Somebody mentioned pulling your hands in on the bar (without actually moving them on the bar) this will help so much, great advice


----------



## RalphWiggum (Jul 12, 2013)

make sure you're setting yourself up right. Always find it helps if I start like this...


----------



## Ultrasonic (Jul 13, 2004)

Kjetil1234 said:


> If the tricep is failing, make sure you lower the weight (or do close grips) and do NOT allow the elbows to flare out. I see so many do this and it almost eliminates the tricep involvement.
> 
> Hope this helps.


Do you mean wider grip? A narrow grip is a way to increase tricep involvement.

I'd recommend decline presses to increase pec involvement.


----------



## Kjetil1234 (Jun 10, 2014)

Ultrasonic said:


> Do you mean wider grip? A narrow grip is a way to increase tricep involvement.
> 
> I'd recommend decline presses to increase pec involvement.


No. You need to train your weak point, not avoid it.


----------



## Ultrasonic (Jul 13, 2004)

Kjetil1234 said:


> No.
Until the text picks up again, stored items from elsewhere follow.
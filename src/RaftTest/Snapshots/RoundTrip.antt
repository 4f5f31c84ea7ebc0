-- ===== src/RaftTest/Snapshots/RoundTrip.antt =====
-- What a server takes from a snapshot is what another one put into it.
use pluggable_sharded_fault.Base.{
  ℕ, zero, suc, ◌+◌, ◌-◌, ◌^◌, ◌<◌, ◌≡◌, refl, ap, ◌∙◌, Option, none, some, List, [], ◌∷◌, ◌++◌, ℤ,
  pos, minus_one, incr, Map, lookup, insert, lookup-insert, arith, ltb, eqb, eqb_iff, eqb_ℤ_iff,
  if◌then◌else◌, ok, get_elem?, length, length-append, int_eq, ◌⊎◌,
}
use pluggable_sharded_fault.RaftTest.Logs.{Command, Rfsrv}
use pluggable_sharded_fault.RaftTest.Snapshots.{log_upto, logs_of, ingest_snap, snapshot_of}

-- An entry as Go's `logs[j]` reads it: nil when it is missing.
abbrev pub entry : Map ℤ Command → ℕ → Command
entry logs j = elim (lookup (pos j) logs) [ none ↦ none | some v ↦ v ]

module _ {ℓ} {A : Type ℓ} where
  get_elem?-last :
      (xs : List A) (x : A) (j : ℕ)
      → get_elem? (xs ++ (x ∷ [])) j ≡ (
          if ltb j (length xs)
          then get_elem? xs j
          else (if eqb j (length xs) then some x else none))
  get_elem?-last [] x zero = ground arith
  get_elem?-last [] x (suc j) = ground arith
  get_elem?-last (y ∷ xs) x zero = ground arith
  get_elem?-last (y ∷ xs) x (suc j) = ground (arith, get_elem?-last xs x j)

length-log_upto : (logs : Map ℤ Command) (n : ℕ) → length (log_upto logs n) ≡ n
unfolding log_upto
length-log_upto logs zero = refl
length-log_upto logs (suc n) =
    ground (arith, length-log_upto logs n, length-append (log_upto logs n) (entry logs n ∷ []))

get_elem?-log_upto :
    (logs : Map ℤ Command) (n j : ℕ)
    → get_elem? (log_upto logs n) j ≡ (if ltb j n then some (entry logs j) else none)
unfolding log_upto
get_elem?-log_upto logs zero j = ground arith
get_elem?-log_upto logs (suc n) j = ground (
  arith,
  get_elem?-log_upto logs n j,
  get_elem?-last (log_upto logs n) (entry logs n) j,
  length-log_upto logs n,
  eqb_iff j n,
)

lookup_below :
    (s : ℕ) (xs : List Command) (m : Map ℤ Command) (j : ℕ)
    → j < s
    → lookup (pos j) (logs_of s xs m) ≡ lookup (pos j) m
unfolding logs_of
lookup_below s [] m j h = refl
lookup_below s (x ∷ xs) m j h = ground (
  arith,
  h,
  lookup_below (s + 1) xs (insert (pos s) x m) j,
  lookup-insert (pos s) (pos j) x m,
  eqb_iff s j,
)

lookup_at :
    (s : ℕ) (xs : List Command) (m : Map ℤ Command) (d j : ℕ)
    → j ≡ s + d
    → lookup (pos j) (logs_of s xs m)
      ≡ elim (get_elem? xs d) [ none ↦ lookup (pos j) m | some v ↦ some v ]
unfolding logs_of
lookup_at s [] m d j h = refl
lookup_at s (x ∷ xs) m zero j h = ground (
  arith,
  h,
  lookup_below (s + 1) xs (insert (pos s) x m) j,
  lookup-insert (pos s) (pos j) x m,
  eqb_iff s j,
)
lookup_at s (x ∷ xs) m (suc d) j h = ground (
  arith,
  h,
  lookup_at (s + 1) xs (insert (pos s) x m) d j,
  lookup-insert (pos s) (pos j) x m,
  eqb_iff s j,
)

-- The copy after the snapshot, entry by entry
shown :
    (logs : Map ℤ Command) (k j : ℕ)
    → lookup (pos j) (logs_of 0 (log_upto logs (k + 1)) [])
      ≡ (if ltb k j then none else some (entry logs j))
unfolding lookup
shown logs k j =
    ground (arith, lookup_at 0 (log_upto logs (k + 1)) [] j j, get_elem?-log_upto logs (k + 1) j)

module _ (encode : ℤ → List Command → List ℕ) (decode : List ℕ → Option (ℤ × List Command))
    (decodes : (i : ℤ) (xlog : List Command) → decode (encode i xlog) ≡ some (i, xlog)) where
  -- Where decoding undoes encoding, a server that takes in the snapshot that another one made at an
  -- index, as the snapshot of that index or as a saved one, does not fail. It has then applied that
  -- index, and its copy has the other's commands up to the index, nil for a missing one, and no
  -- others. The next index is an `int`.
  pub ingest_snap-snapshot_of :
      (k : ℕ) (index : ℤ) (a b : Rfsrv)
      → k < 2 ^ 63 - 1
      → (index ≡ pos k) ⊎ (index ≡ minus_one)
      → (r : Rfsrv) × (ingest_snap decode (some (snapshot_of encode (pos k) a)) index b ≡ ok r)
        × (r.last_applied ≡ pos k)
        × ((j : ℕ) → lookup (pos j) r.logs ≡ (if ltb k j then none else some (entry a.logs j)))
  unfolding ingest_snap snapshot_of incr
  ingest_snap-snapshot_of k index a b small which =
      let xlog : List Command = log_upto a.logs (k + 1) in
      let bytes : snapshot_of encode (pos k) a ≡ encode (pos k) xlog = ground (arith, small) in
      let read : decode (snapshot_of encode (pos k) a) ≡ some (pos k, xlog) =
        ap decode bytes ∙ decodes (pos k) xlog in
      let r : Rfsrv = record b { logs = logs_of 0 xlog []; last_applied = pos k } in
      (
        r,
        ground (arith, read, which, eqb_ℤ_iff index minus_one, eqb_ℤ_iff index (pos k)),
        refl,
        shown a.logs k,
      )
You need to train your weak point, not avoid it.


You confused me by saying in your post that this almost eliminates tricep involvement!

Personally I would argue that bench pressing normally but adding in additional tricep work would be a better way to go, with narrow grip bench presses probably being the best option.


----------



## MRSTRONG (Apr 18, 2009)

i would only tuck elbows in and use a shoulder width grip if benching for strength/power , for hitting chest flaring elbows and a wider grip would be better as you get a bigger chest rom rather than putting the power through triceps .

really does depend on the goal


----------



## Kjetil1234 (Jun 10, 2014)

Ultrasonic said:


> You confused me by saying in your post that this almost eliminates tricep involvement!
> 
> Personally I would argue that bench pressing normally but adding in additional tricep work would be a better way to go, with narrow grip bench presses probably being the best option.


Ah yes. Flaring the elbows loads the pecs and internally rotates the humerus. Often leads to injuries and weak triceps.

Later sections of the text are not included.